I'm new to the CUDA paradigm. My question is in determining the number of threads per block, and blocks per grid. Does a bit of art and trial play into this? What I've found is that many examples have seemingly arbitrary number chosen for these things.
I'm considering a problem where I would be able to pass matrices - of any size - to a method for multiplication. So that, each element of C (as in C = A * B) would be calculated by a single thread. How would you determine the threads/block, blocks/grid in this case?
In general you want to size your blocks/grid to match your data and simultaneously maximize occupancy, that is, how many threads are active at one time. The major factors influencing occupancy are shared memory usage, register usage, and thread block size.
A CUDA enabled GPU has its processing capability split up into SMs (streaming multiprocessors), and the number of SMs depends on the actual card, but here we'll focus on a single SM for simplicity (they all behave the same). Each SM has a finite number of 32 bit registers, shared memory, a maximum number of active blocks, AND a maximum number of active threads. These numbers depend on the CC (compute capability) of your GPU and can be found in the middle of the Wikipedia article http://en.wikipedia.org/wiki/CUDA.

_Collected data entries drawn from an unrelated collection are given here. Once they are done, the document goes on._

-- ===== src/Buffer/References.antt =====
-- A buffer is freed once, when the last reference is given back.
use waydisplay.Prelude.{
  ◌/=◌, if◌then◌else◌, Bool-cases, length, set, u32_max, sub32, ℕ, ◌+◌, ◌-◌, ◌≤◌, ◌<◌, ◌≡◌, refl,
  ap, ◌∙◌, inl, inr, false, some, [], ◌∷◌, ◌++◌, arith,
}
use waydisplay.Buffer.{
  retain_target, after_release, caller_at, now_at, Layout, Caller, holding, retaining, last_out,
  departed, Shared, Turn, load, exchange, reload, refuse, subtract, free, Reachable, begin,
  then_turn,
}
use waydisplay.Buffer.Counts.{
  owns, frees, owners, freers, all_departed, owners-set, freers-set, owners-append, freers-append,
  departed_counts, some_count, somebody_left, once,
}

record IsCounted (layout : Layout) (s : Shared) : Type 0 where
  refs_are : s.refs ≡ owners s.callers
  refs_fit : s.refs ≤ u32_max
  one_free : freers s.callers + s.freed ≡ once s.refs
  releases : s.released ≡ (if layout.inline_storage then 0 else s.freed)

sub_one : (n : ℕ) → 0 < n → n ≤ u32_max → sub32 n 1 ≡ n - 1
sub_one n pos fits = omega arith

module _ (layout : Layout) where
  -- The caller goes on, and owns and frees what it did before.
  goes_on :
      (s : Shared) (i : ℕ) (c : Caller)
      → i < length s.callers
      → owns (caller_at s i) ≡ owns c
      → frees (caller_at s i) ≡ frees c
      → IsCounted layout s
      → IsCounted layout (now_at s i c)
  goes_on s i c lt same_owns same_frees k =
      let o = owners-set s.callers i c lt in
      let f = freers-set s.callers i c lt in
      record {
        refs_are = omega (arith, k.refs_are, o, same_owns);
        refs_fit = k.refs_fit;
        one_free = ground (arith, k.one_free, f, same_frees);
        releases = k.releases;
      }

  exchanged :
      (s : Shared) (i seen stored : ℕ)
      → i < length s.callers
      → caller_at s i ≡ retaining seen
      → retain_target seen ≡ some stored
      → s.refs ≡ seen
      → IsCounted layout s
      → IsCounted layout
          (record s { refs = stored; callers = set s.callers i holding ++ holding ∷ [] })
  unfolding retain_target
  exchanged s i seen stored lt at target same k =
      let o = owners-set s.callers i holding lt in
      let f = freers-set s.callers i holding lt in
      let oa = owners-append (set s.callers i holding) (holding ∷ []) in
      let fa = freers-append (set s.callers i holding) (holding ∷ []) in
      let more : stored ≡ s.refs + 1 = ground (arith, target, same, k.refs_fit) in
      let some_refs : 0 < s.refs = ground (arith, target, same) in
      let fits : stored ≤ u32_max = ground (arith, target, same, k.refs_fit) in
      record {
        refs_are = omega (arith, k.refs_are, o, oa, ap owns at, more);
        refs_fit = fits;
        one_free = ground (arith, k.one_free, f, fa, ap frees at, more, some_refs);
        releases = k.releases;
      }

  subtracted :
      (s : Shared) (i : ℕ)
      → i < length s.callers
      → caller_at s i ≡ holding
      → IsCounted layout s
      → IsCounted layout
          (record s { refs = sub32 s.refs 1; callers = set s.callers i (after_release s.refs) })
  unfolding after_release
  subtracted s i lt at k =
      let some_refs : 0 < s.refs = owner_counts s i lt at k in
      elim (Bool-cases (s.refs /= 1)) [
        | inl others ↦
            rw (sub_one s.refs some_refs k.refs_fit, others)
              (record {
                refs_are =
                    omega (arith, k.refs_are, owners-set s.callers i departed lt, ap owns at);
                refs_fit = omega (arith, k.refs_fit);
                one_free =
                    ground
                      (arith, k.one_free, freers-set s.callers i departed lt, ap frees at, others);
                releases = k.releases;
              })
        | inr last ↦
            rw (sub_one s.refs some_refs k.refs_fit, last)
              (record {
                refs_are =
                    omega (arith, k.refs_are, owners-set s.callers i last_out lt, ap owns at);
                refs_fit = omega (arith, k.refs_fit);
                one_free =
                    ground
                      (arith, k.one_free, freers-set s.callers i last_out lt, ap frees at, last);
                releases = k.releases;
              })
      ]
    where
      owner_counts :
          (u : Shared) (j : ℕ)
          → j < length u.callers
          → caller_at u j ≡ holding
          → IsCounted layout u
          → 0 < u.refs
      owner_counts u j below here counted =
          omega (arith, owners-set u.callers j departed below, ap owns here, counted.refs_are)

  freed_now :
      (s : Shared) (i : ℕ)
      → i < length s.callers
      → caller_at s i ≡ last_out
      → IsCounted layout s
      → IsCounted layout (record s {
        callers = set s.callers i departed;
        freed = s.freed + 1;
        released = if layout.inline_storage then s.released else s.released + 1;
      })
  freed_now s i lt at k =
      let o = owners-set s.callers i departed lt in
      let f = freers-set s.callers i departed lt in
      record {
        refs_are = omega (arith, k.refs_are, o, ap owns at);
        refs_fit = k.refs_fit;
        one_free = ground (arith, k.one_free, f, ap frees at);
        releases = ground (arith, k.releases);
      }

  Turn-IsCounted : (s t : Shared) → Turn layout s t → IsCounted layout s → IsCounted layout t
  Turn-IsCounted _ _ (load s i lt at) k =
      goes_on s i (retaining s.refs) lt (ap owns at) (ap frees at) k
  Turn-IsCounted _ _ (exchange s i seen stored lt at target same) k =
      exchanged s i seen stored lt at target same k
  Turn-IsCounted _ _ (reload s i seen stored lt at target) k =
      goes_on s i (retaining s.refs) lt (ap owns at) (ap frees at) k
  Turn-IsCounted _ _ (refuse s i seen lt at target) k =
      goes_on s i holding lt (ap owns at) (ap frees at) k
  Turn-IsCounted _ _ (subtract s i lt at) k = subtracted s i lt at k
  Turn-IsCounted _ _ (free s i lt at) k = freed_now s i lt at k

  Reachable-IsCounted : (s : Shared) → Reachable layout s → IsCounted layout s
  Reachable-IsCounted _ begin = record {
    refs_are = refl;
    refs_fit = omega arith;
    one_free = refl;
    releases = ground arith;
  }
  Reachable-IsCounted _ (then_turn s t r turn) = Turn-IsCounted s t turn (Reachable-IsCounted s r)

  -- A caller that is in a call or holds its reference keeps the buffer from being counted out.
  somebody_acts : (s t : Shared) → Turn layout s t → all_departed s.callers ≡ false
  somebody_acts _ _ (load s i lt at) =
      somebody_left s.callers i lt (omega (arith, ap owns at, ap frees at))
  somebody_acts _ _ (exchange s i seen stored lt at target same) =
      somebody_left s.callers i lt (omega (arith, ap owns at, ap frees at))
  somebody_acts _ _ (reload s i seen stored lt at target) =
      somebody_left s.callers i lt (omega (arith, ap owns at, ap frees at))
  somebody_acts _ _ (refuse s i seen lt at target) =
      somebody_left s.callers i lt (omega (arith, ap owns at, ap frees at))
  somebody_acts _ _ (subtract s i lt at) =
      somebody_left s.callers i lt (omega (arith, ap owns at, ap frees at))
  somebody_acts _ _ (free s i lt at) =
      somebody_left s.callers i lt (omega (arith, ap owns at, ap frees at))

-- However the callers of a buffer interleave their loads, exchanges and subtractions: the counter is
-- the number of references that are owned, the buffer is freed exactly when every reference is
-- given back and nobody is in a call, and then once, and its release function is called as often,
-- unless the bytes stand in the buffer itself.
pub freed_once :
    (layout : Layout) (s : Shared)
    → Reachable layout s
    → (s.refs ≡ owners s.callers)
      × (s.freed ≡ (if all_departed s.callers then 1 else 0))
      × (s.released ≡ (if layout.inline_storage then 0 else s.freed))
freed_once layout s r =
    let k = Reachable-IsCounted layout s r in
    elim (Bool-cases (all_departed s.callers)) [
      | inl out ↦
          let (o, f) = departed_counts s.callers out in
          (k.refs_are, rw out (ground (arith, k.one_free, k.refs_are, o, f)), k.releases)
      | inr used ↦
          let some_one = some_count s.callers used in
          (k.refs_are, rw used (ground (arith, k.one_free, k.refs_are, some_one)), k.releases)
    ]

-- No caller takes a step, which would read or write the buffer, after the buffer is freed.
pub no_use_after_free :
    (layout : Layout) (s t : Shared) → Reachable layout s → Turn layout s t → s.freed ≡ 0
no_use_after_free layout s t r turn =
    (freed_once layout s r).1 ∙ rw (somebody_acts layout s t turn) refl
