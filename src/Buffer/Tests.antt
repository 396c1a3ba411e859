-- ===== src/Buffer/Tests.antt =====
-- The theorems at concrete inputs.
use waydisplay.Prelude.{
  if◌then◌else◌, ℕ, zero, suc, ◌+◌, ◌-◌, ◌*◌, ◌≤◌, ◌<◌, ◌≡◌, refl, ◌↔◌, true, false, Option, none,
  some, [], ◌∷◌, arith,
}
use waydisplay.Buffer.{
  retain_target, after_release, fresh_buffer, Layout, holding, retaining, last_out, departed,
  Shared, load, exchange, subtract, free, Reachable, begin, then_turn,
}
use waydisplay.Buffer.Counts.{owners, all_departed}
use waydisplay.Buffer.References.{freed_once, no_use_after_free}
use waydisplay.Buffer.Range.{cpu_range_valid, range_exact}
use waydisplay.Buffer.Frame.{frame_init, frame_clone, Plane, drm_prime, PixelFrame}
use waydisplay.Buffer.Frame.Leaks.{Accounted, clone_loses_nothing}

abbrev wrapped : Layout
wrapped = record { size = 4096; capacity = 4096; inline_storage = false }

-- The owner has loaded the counter for a second reference.
abbrev asking : Shared
asking = record { refs = 1; callers = retaining 1 ∷ []; freed = 0; released = 0 }

abbrev two_owners : Shared
two_owners = record { refs = 2; callers = holding ∷ holding ∷ []; freed = 0; released = 0 }

abbrev one_departed : Shared
one_departed = record { refs = 1; callers = departed ∷ holding ∷ []; freed = 0; released = 0 }

abbrev counted_out : Shared
counted_out = record { refs = 0; callers = departed ∷ last_out ∷ []; freed = 0; released = 0 }

abbrev over : Shared
over = record { refs = 0; callers = departed ∷ departed ∷ []; freed = 1; released = 1 }

to_counted_out : Reachable wrapped counted_out
unfolding retain_target after_release
to_counted_out =
    then_turn one_departed counted_out
      (then_turn two_owners one_departed
        (then_turn asking two_owners
          (then_turn fresh_buffer asking begin (load fresh_buffer 0 (omega arith) refl))
          (exchange asking 0 1 2 (omega arith) refl refl refl))
        (subtract two_owners 0 (omega arith) refl))
      (subtract one_departed 1 (omega arith) refl)

freed_once_example :
    (over.refs ≡ owners over.callers)
    × (over.freed ≡ (if all_departed over.callers then 1 else 0))
    × (over.released ≡ (if wrapped.inline_storage then 0 else over.freed))
freed_once_example =
    freed_once wrapped over
      (then_turn counted_out over to_counted_out (free counted_out 1 (omega arith) refl))

no_use_after_free_example : counted_out.freed ≡ 0
no_use_after_free_example =
    no_use_after_free wrapped counted_out over to_counted_out
      (free counted_out 1 (omega arith) refl)

range_exact_example :
    (cpu_range_valid wrapped 96 10 20 200 ≡ true)
    ↔ ((0 < 10) × (0 < 20) × (10 * 4 ≤ 200) × (96 + (20 - 1) * 200 + 10 * 4 ≤ 4096))
range_exact_example = range_exact wrapped 96 10 20 200 (omega arith) (omega arith) (omega arith)

abbrev prime_plane : ℕ → Plane
prime_plane n = record { fd = some n; stride = 256; offset = 0; modifier = 0 }

abbrev prime_frame : PixelFrame
prime_frame = record {
  storage = drm_prime (prime_plane 7 ∷ prime_plane 8 ∷ []);
  width = 64;
  height = 48;
  fourcc = 875713112;
  pts_usec = 1000;
}

-- The duplication of the second descriptor fails.
abbrev second_fails : ℕ → Option ℕ
second_fails zero = some 12
second_fails (suc _) = none

second_plane_test : (frame_clone frame_init second_fails true prime_frame).closed ≡ 12 ∷ []
unfolding frame_clone
second_plane_test = refl

clone_loses_nothing_example :
    Accounted second_fails frame_init (frame_clone frame_init second_fails true prime_frame)
clone_loses_nothing_example = clone_loses_nothing frame_init second_fails true prime_frame
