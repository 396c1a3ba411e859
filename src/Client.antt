-- ===== src/Client.antt =====
-- The decisions of the client, src/client.
pub mod Ownership
pub mod Decode
pub mod Transition
pub mod Session
pub mod Sync
mod Tests
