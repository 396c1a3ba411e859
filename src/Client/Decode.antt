-- ===== src/Client/Decode.antt =====
-- src/client/video_decode_queue_policy.c and the queue that it governs: enqueue_video_message and
-- pop_media_packet of src/client/client_net.cpp, between the network thread and the video decoder.
-- Each runs under the lock of the queue. A message is what its header says of it: whether it is a
-- keyframe, whether it is an end of stream or a resize, and what the validation of a keyframe's
-- bitstream finds; its number tells the messages apart.
pub mod History
pub mod Unbroken
use waydisplay.Prelude.{
  leb, ◌==◌, ◌/=◌, if◌then◌else◌, length, u16_max, ℕ, min, Bool, true, false, not, ◌&&◌, Option,
  none, some, List, [], ◌∷◌, ◌++◌,
}

-- enum wd_client_video_decode_queue_action
pub data QueueAction : Type 0 where
  enqueue_packet drop_until_keyframe recover_overflow : QueueAction

-- struct wd_client_video_decode_queue_plan
pub record QueuePlan : Type 0 where
  pub action : QueueAction
  pub clear_queue : Bool
  pub wait_for_keyframe : Bool
  pub reset_decoder_before : Bool

-- wd_client_video_decode_queue_plan_compute
unfoldable pub queue_plan : ℕ → ℕ → Bool → Bool → Bool → QueuePlan
queue_plan queued_packets capacity waiting_for_keyframe keyframe control_frame =
    let plan : QueuePlan = record {
      action = enqueue_packet;
      clear_queue = false;
      wait_for_keyframe = waiting_for_keyframe;
      reset_decoder_before = false;
    } in
    if capacity == 0
    then record plan {
      action = recover_overflow;
      clear_queue = queued_packets /= 0;
      wait_for_keyframe = true;
    }
    else if control_frame
    then record plan { clear_queue = true; wait_for_keyframe = true }
    else if keyframe
    then record plan {
      clear_queue = true;
      wait_for_keyframe = false;
      reset_decoder_before = waiting_for_keyframe;
    }
    else if waiting_for_keyframe
    then record plan { action = drop_until_keyframe }
    else if leb capacity queued_packets
    then record plan { action = recover_overflow; clear_queue = true; wait_for_keyframe = true }
    else plan

-- What the policy reads of a message.
pub record VideoMessage : Type 0 where
  pub number : ℕ
  pub keyframe : Bool
  pub control : Bool
  pub usable : Bool

-- struct ClientMediaPacket
pub record MediaPacket : Type 0 where
  pub message : VideoMessage
  pub reset_video_decoder_before : Bool

-- The fields of the session: video_decode_queue and video_decode_wait_keyframe.
pub record DecodeQueue : Type 0 where
  pub packets : List MediaPacket
  pub wait_keyframe : Bool

-- WD_CLIENT_VIDEO_DECODE_INPUT_QUEUE_CAPACITY
abbrev pub input_queue_capacity : ℕ
input_queue_capacity = 4

-- What enqueue_video_message does with its plan, for a message that has a buffer.
abbrev pub follow_plan : DecodeQueue → QueuePlan → VideoMessage → DecodeQueue
follow_plan q plan m =
    let kept = if plan.clear_queue then [] else q.packets in
    elim plan.action [
      | enqueue_packet ↦ record {
        packets =
            kept
            ++ record { message = m; reset_video_decoder_before = plan.reset_decoder_before } ∷ [];
        wait_keyframe = plan.wait_for_keyframe;
      }
      | drop_until_keyframe ↦ record { packets = kept; wait_keyframe = plan.wait_for_keyframe }
      | recover_overflow ↦ record { packets = kept; wait_keyframe = plan.wait_for_keyframe }
    ]

-- enqueue_video_message, while the workers run.
unfoldable pub enqueue_video : DecodeQueue → VideoMessage → DecodeQueue
unfolding queue_plan
enqueue_video q m =
    let depth = min (length q.packets) u16_max in
    if q.wait_keyframe && m.keyframe && not m.control && not m.usable
    then q
    else follow_plan q (queue_plan depth input_queue_capacity q.wait_keyframe m.keyframe m.control)
        m

-- pop_media_packet, which waits while the queue is empty.
abbrev pub pop_packet : DecodeQueue → DecodeQueue × Option MediaPacket
pop_packet q = elim q.packets [ [] ↦ (q, none) | p ∷ ps ↦ (record q { packets = ps }, some p) ]

-- clear_video_decode_queue
abbrev pub clear_decode_queue : DecodeQueue
clear_decode_queue = record { packets = []; wait_keyframe = false }
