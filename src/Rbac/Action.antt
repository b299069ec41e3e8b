-- ===== src/Rbac/Action.antt =====
-- rbac/role.rs, the actions: `Action` and the equality that it derives.
use parseable.Prelude.{
  some-injective, ℕ, ◌≡◌, refl, sym, ◌∙◌, ap, ◌↔◌, Bool, true, some, List, [], ◌∷◌, eqb, eqb_iff,
  get_elem?, Eq,
}

pub data Action : Type 0 where
  create_user_group get_user_group modify_user_group delete_user_group ingest query : Action
  create_stream list_stream get_stream_info detect_schema get_schema get_stats : Action
  delete_stream get_retention put_retention put_hot_tier_enabled get_hot_tier_enabled : Action
  delete_hot_tier_enabled put_alert get_alert delete_alert put_user list_user : Action
  delete_user put_user_roles get_user_roles put_role get_role delete_role list_role : Action
  get_about add_llm delete_llm get_llm query_llm list_llm list_cluster : Action
  list_cluster_metrics delete_node all get_analytics list_dashboard get_dashboard : Action
  create_dashboard delete_dashboard list_filter get_filter create_filter : Action
  delete_filter login metrics get_correlation create_correlation delete_correlation : Action
  put_correlation : Action

-- The discriminant of a variant, its place in the declaration: derived equality compares these.
abbrev pub discriminant : Action → ℕ
discriminant create_user_group = 0
discriminant get_user_group = 1
discriminant modify_user_group = 2
discriminant delete_user_group = 3
discriminant ingest = 4
discriminant query = 5
discriminant create_stream = 6
discriminant list_stream = 7
discriminant get_stream_info = 8
discriminant detect_schema = 9
discriminant get_schema = 10
discriminant get_stats = 11
discriminant delete_stream = 12
discriminant get_retention = 13
discriminant put_retention = 14
discriminant put_hot_tier_enabled = 15
discriminant get_hot_tier_enabled = 16
discriminant delete_hot_tier_enabled = 17
discriminant put_alert = 18
discriminant get_alert = 19
discriminant delete_alert = 20
discriminant put_user = 21
discriminant list_user = 22
discriminant delete_user = 23
discriminant put_user_roles = 24
discriminant get_user_roles = 25
discriminant put_role = 26
discriminant get_role = 27
discriminant delete_role = 28
discriminant list_role = 29
discriminant get_about = 30
discriminant add_llm = 31
discriminant delete_llm = 32
discriminant get_llm = 33
discriminant query_llm = 34
discriminant list_llm = 35
discriminant list_cluster = 36
discriminant list_cluster_metrics = 37
discriminant delete_node = 38
discriminant all = 39
discriminant get_analytics = 40
discriminant list_dashboard = 41
discriminant get_dashboard = 42
discriminant create_dashboard = 43
discriminant delete_dashboard = 44
discriminant list_filter = 45
discriminant get_filter = 46
discriminant create_filter = 47
discriminant delete_filter = 48
discriminant login = 49
discriminant metrics = 50
discriminant get_correlation = 51
discriminant create_correlation = 52
discriminant delete_correlation = 53
discriminant put_correlation = 54

abbrev variants : List Action
variants =
    create_user_group ∷ get_user_group ∷ modify_user_group ∷ delete_user_group ∷ ingest ∷ query
    ∷ create_stream ∷ list_stream ∷ get_stream_info ∷ detect_schema ∷ get_schema ∷ get_stats
    ∷ delete_stream ∷ get_retention ∷ put_retention ∷ put_hot_tier_enabled ∷ get_hot_tier_enabled
    ∷ delete_hot_tier_enabled ∷ put_alert ∷ get_alert ∷ delete_alert ∷ put_user ∷ list_user
    ∷ delete_user ∷ put_user_roles ∷ get_user_roles ∷ put_role ∷ get_role ∷ delete_role ∷ list_role
    ∷ get_about ∷ add_llm ∷ delete_llm ∷ get_llm ∷ query_llm ∷ list_llm ∷ list_cluster
    ∷ list_cluster_metrics ∷ delete_node ∷ all ∷ get_analytics ∷ list_dashboard ∷ get_dashboard
    ∷ create_dashboard ∷ delete_dashboard ∷ list_filter ∷ get_filter ∷ create_filter ∷ delete_filter
    ∷ login ∷ metrics ∷ get_correlation ∷ create_correlation ∷ delete_correlation ∷ put_correlation
    ∷ []

variants-discriminant : (a : Action) → get_elem? variants (discriminant a) ≡ some a
variants-discriminant create_user_group = refl
variants-discriminant get_user_group = refl
variants-discriminant modify_user_group = refl
variants-discriminant delete_user_group = refl
variants-discriminant ingest = refl
variants-discriminant query = refl
variants-discriminant create_stream = refl
variants-discriminant list_stream = refl
variants-discriminant get_stream_info = refl
variants-discriminant detect_schema = refl
variants-discriminant get_schema = refl
variants-discriminant get_stats = refl
variants-discriminant delete_stream = refl
variants-discriminant get_retention = refl
variants-discriminant put_retention = refl
variants-discriminant put_hot_tier_enabled = refl
variants-discriminant get_hot_tier_enabled = refl
variants-discriminant delete_hot_tier_enabled = refl
variants-discriminant put_alert = refl
variants-discriminant get_alert = refl
variants-discriminant delete_alert = refl
variants-discriminant put_user = refl
variants-discriminant list_user = refl
variants-discriminant delete_user = refl
variants-discriminant put_user_roles = refl
variants-discriminant get_user_roles = refl
variants-discriminant put_role = refl
variants-discriminant get_role = refl
variants-discriminant delete_role = refl
variants-discriminant list_role = refl
variants-discriminant get_about = refl
variants-discriminant add_llm = refl
variants-discriminant delete_llm = refl
variants-discriminant get_llm = refl
variants-discriminant query_llm = refl
variants-discriminant list_llm = refl
variants-discriminant list_cluster = refl
variants-discriminant list_cluster_metrics = refl
variants-discriminant delete_node = refl
variants-discriminant all = refl
variants-discriminant get_analytics = refl
variants-discriminant list_dashboard = refl
variants-discriminant get_dashboard = refl
variants-discriminant create_dashboard = refl
variants-discriminant delete_dashboard = refl
variants-discriminant list_filter = refl
variants-discriminant get_filter = refl
variants-discriminant create_filter = refl
variants-discriminant delete_filter = refl
variants-discriminant login = refl
variants-discriminant metrics = refl
variants-discriminant get_correlation = refl
variants-discriminant create_correlation = refl
variants-discriminant delete_correlation = refl
variants-discriminant put_correlation = refl

discriminant-injective : (a b : Action) → discriminant a ≡ discriminant b → a ≡ b
discriminant-injective a b h =
    some-injective a b
      (sym (variants-discriminant a) ∙ ap (get_elem? variants) h ∙ variants-discriminant b)

unfoldable pub action_eqb : Action → Action → Bool
action_eqb a b = eqb (discriminant a) (discriminant b)

pub action_eqb_iff : (a b : Action) → (action_eqb a b ≡ true) ↔ (a ≡ b)
unfolding action_eqb
action_eqb_iff a b = (
  λ h. discriminant-injective a b ((eqb_iff (discriminant a) (discriminant b)).0 h),
  λ e. (eqb_iff (discriminant a) (discriminant b)).1 (ap discriminant e),
)

instance abbrev pub action_eq : Eq Action
action_eq = record { test = action_eqb; test_iff = action_eqb_iff }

First of all, your thread block size should always be a multiple of 32, because kernels issue instructions in warps (32 threads). For example, if you have a block size of 50 threads, the GPU will still issue commands to 64 threads and you'd just be wasting them.
Second, before worrying about shared memory and registers, try to size your blocks based on the maximum numbers of threads and blocks that correspond to the compute capability of your card. Sometimes there are multiple ways to do this... for example, a CC 3.0 card each SM can have 16 active blocks and 2048 active threads. This means if you have 128 threads per block, you could fit 16 blocks in your SM before hitting the 2048 thread limit. If you use 256 threads, you can only fit 8, but you're still using all of the available threads and will still have full occupancy. However using 64 threads per block will only use 1024 threads when the 16 block limit is hit, so only 50% occupancy. If shared memory and register usage is not a bottleneck, this should be your main concern (other than your data dimensions).
On the topic of your grid... the blocks in your grid are spread out over the SMs to start, and then the remaining blocks are placed into a pipeline. Blocks are moved into the SMs for processing as soon as there are enough resources in that SM to take the block. In other words, as blocks complete in an SM, new ones are moved in. You could make the argument that having smaller blocks (128 instead of 256 in the previous example) may complete faster since a particularly slow block will hog fewer resources, but this is very much dependent on the code.
Regarding registers and shared memory, look at that next, as it may be limiting your occupancy. Shared memory is finite for a whole SM, so try to use it in an amount that allows as many blocks as possible to still fit on an SM. The same goes for register use. Again, these numbers depend on compute capability and can be found tabulated on the wikipedia page. Good luck!